Ok Plaz  :angel:  They leave the fickle stuff alone as I see it. I'm seriously considering going with them so I can be the guinea pig.


----------



## Iniquity (Sep 3, 2003)

Dr. Phil said:


> Not to step on any ones toes but had you considered the Rogue pulleys :dunno: I have been quite pleased with their products and they ship things ASAP......as in no delay :tsk:


I'm highly considering them as an alternative... PLUS.. RENNsport uses them.. and I trust RENNsport's tuning abilities..

I'm also considering eurosport's new pulleys... the intro price is $249 + shipping..

but not sure if it's worth the extra $80

their pulleys look sharp.. they look more like afermarket wheels as opposed to pulleys.. and they also replace the alternator pulley (choice between lightened or underdriven.. i would go lightened myself..)

but again.. not really sure about it.. only reason I'm really going with UUC is because I'm guessing theirs are slightly lighter than Rogue's.. and they're a bit cheaper right now..


----------



## Iniquity (Sep 3, 2003)

rumratt said:


> On Rogue's site they claim their pulley set give 6.7 HP and 2.7 ft*lb of torque.  Not a lot for $178, and the potential risk of underdriving certain engine parts.


6.7HP and 2.7 ft-lb tq at the wheels for less than $200..
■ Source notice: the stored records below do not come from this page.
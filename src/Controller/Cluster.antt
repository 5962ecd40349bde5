-- ===== src/Controller/Cluster.antt =====
-- What the controllers of internal/controller read of the cluster, and each `Reconcile` with what the
-- client answers it. The client of controller-runtime is a parameter: its answers are a function of
-- the request, as they are while the cluster does not change.
use gatus_sidecar.Prelude.{ℕ, String, Bool, Option, none, some, List, map}
use gatus_sidecar.Prelude.Assoc.{Assoc}
use gatus_sidecar.Discovery.Annotations.{Annotations}
use gatus_sidecar.Discovery.Entrypoints.{TraefikService, EntrypointPorts}
use gatus_sidecar.Discovery.IngressRoute.{Route, Outside}
use gatus_sidecar.Discovery.IngressRoute.Derive.{Resolver}
use gatus_sidecar.Discovery.Service.{Options, Service, NamedPort}
use gatus_sidecar.Discovery.Specs.{Decoder}
use gatus_sidecar.Registry.{Registry}
use gatus_sidecar.Controller.Reconcile.{
  Fetched, there, not_found, get_failed, Namespace, Reconciled, Selector, ServicePort,
  reconcile_service, reconcile_ingress_route, reconcile_ingress_route_tcp, traefik_service,
  entrypoint_ports,
}

-- A Service with all the fields that some controller reads.
pub record KubeService : Type 0 where
  pub namespace : String
  pub name : String
  pub annotations : Annotations
  pub labels : Assoc String String
  pub is_external_name : Bool
  pub is_node_port : Bool
  pub ports : List ServicePort

-- `Get`, and `List` in one namespace or in all of them (`none`).
pub record Client : Type 0 where
  pub get_service : String → String → Fetched KubeService
  pub get_namespace : String → Fetched Namespace
  pub get_ingress_route : String → String → Fetched Route
  pub get_ingress_route_tcp : String → String → Fetched Route
  pub list_services : Option String → Option (List KubeService)
  pub list_ingress_routes : Option String → Option (List Route)
  pub list_ingress_route_tcps : Option String → Option (List Route)
  -- `List` with a label selector.
  pub list_labelled : (Assoc String String → Bool) → Option (List KubeService)
  -- What `labels.Parse` makes of `TraefikServiceLabel`.
  pub traefik_label : Option (Assoc String String → Bool)

-- The fields of the reconcilers, but for the registry.
pub record Reconciler : Type 0 where
  pub client : Client
  pub outside : Outside
  pub decoder : Decoder
  pub options : Options
  pub selector : Selector
  pub traefik_services : List String
  pub overrides : Assoc String ℕ

abbrev pub fetched_map {ℓ κ} : {A : Type ℓ} {B : Type κ} → (A → B) → Fetched A → Fetched B
fetched_map f (there a) = there (f a)
fetched_map f not_found = not_found
fetched_map f get_failed = get_failed

-- `toNamedPorts`
unfoldable pub named_port : ServicePort → NamedPort
named_port p = record { name = p.name; port = p.port }

unfoldable pub as_service : KubeService → Service
unfolding named_port
as_service s = record {
  namespace = s.namespace;
  name = s.name;
  annotations = s.annotations;
  is_external_name = s.is_external_name;
  ports = map named_port s.ports;
}

unfoldable pub as_traefik_service : KubeService → TraefikService
unfolding traefik_service
as_traefik_service s = traefik_service s.namespace s.name s.is_node_port s.ports

pub ports_found : Fetched KubeService → Option (List NamedPort)
unfolding named_port
ports_found (there s) = some (map named_port s.ports)
ports_found not_found = none
ports_found get_failed = none

-- `resolveService`
unfoldable pub resolve_service : Client → Resolver
unfolding ports_found
resolve_service c = some (λ namespace name. ports_found (c.get_service namespace name))

abbrev pub option_map {ℓ κ} : {A : Type ℓ} {B : Type κ} → (A → B) → Option A → Option B
option_map f none = none
option_map f (some a) = some (f a)

labelled_with : Client → Option (Assoc String String → Bool) → Option (List KubeService)
labelled_with c none = none
labelled_with c (some matches) = c.list_labelled matches

-- The Services of Traefik where none is configured.
unfoldable pub labelled_services : Client → Option (List KubeService)
unfolding labelled_with
labelled_services c = labelled_with c c.traefik_label

-- `entrypointPorts`
unfoldable pub ports_in : Client → Assoc String ℕ → List String → Option EntrypointPorts
unfolding entrypoint_ports as_traefik_service labelled_services
ports_in c overrides refs =
    entrypoint_ports overrides
      (λ namespace name. fetched_map as_traefik_service (c.get_service namespace name)) refs
      (option_map (map as_traefik_service) (labelled_services c))

module _ (rec : Reconciler) where
  unfoldable pub reconcile_service_in : Registry → String → String → Reconciled
  unfolding reconcile_service as_service
  reconcile_service_in r namespace name =
      reconcile_service rec.outside.path_match rec.decoder rec.options rec.selector r namespace name
        (fetched_map as_service (rec.client.get_service namespace name))
        (rec.client.get_namespace namespace)

  unfoldable pub reconcile_ingress_route_in : Registry → String → String → Reconciled
  unfolding reconcile_ingress_route resolve_service
  reconcile_ingress_route_in r namespace name =
      reconcile_ingress_route rec.outside rec.decoder rec.options (resolve_service rec.client)
        rec.selector r namespace name (rec.client.get_ingress_route namespace name)
        (rec.client.get_namespace namespace)

  unfoldable pub reconcile_ingress_route_tcp_in : Registry → String → String → Reconciled
  unfolding reconcile_ingress_route_tcp resolve_service ports_in
  reconcile_ingress_route_tcp_in r namespace name =
      reconcile_ingress_route_tcp rec.outside rec.decoder rec.options (resolve_service rec.client)
        (ports_in rec.client rec.overrides rec.traefik_services) rec.selector r namespace name
        (rec.client.get_ingress_route_tcp namespace name) (rec.client.get_namespace namespace)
with all things considered... an $600-$800 exhaust will probably produce around the same amount of HP at the wheels..... albiet an exhaust will produce more torque.. but for $200.. pulleys really are the best bang for the buck mod...


----------



## Emission (Dec 19, 2001)

1. Lighter Wheels.

2. Suspension Upgrades.

3. Exhaust and Intake.

I wouldn't waste money anywhere else.


----------



## Dr. Phil (Dec 19, 2001)

Emission said:


> 1. Lighter Wheels.


I know Clem  This will be a harder sell to the Mrs. since I already have 2 sets (winter ones).



Emission said:


> 2. Suspension Upgrades.


I am leary of lowering my car at this point but sways are coming soon. In your opinion (chime in Tanin or others too  ), which would you recommned :dunno: Would a rear only application make any sense :dunno:



Emission said:


> 3. Exhaust and Intake.
> 
> I wouldn't waste money anywhere else.


I don't want the CAI hiss this time but an exhaust is also on the list of to be dones. Again, it will be hard for me to explain to the Mrs. why I spent $800 or so to replace something that was not broke


----------



## Andy (Jul 16, 2003)

marvelphx said:


> Keep an eye out the new my330i Project ZHP. There will be plenty of stuff noone has even seen yet...
> 
> And yes, with the 6-speeds came a new software version from Seimens - MS45.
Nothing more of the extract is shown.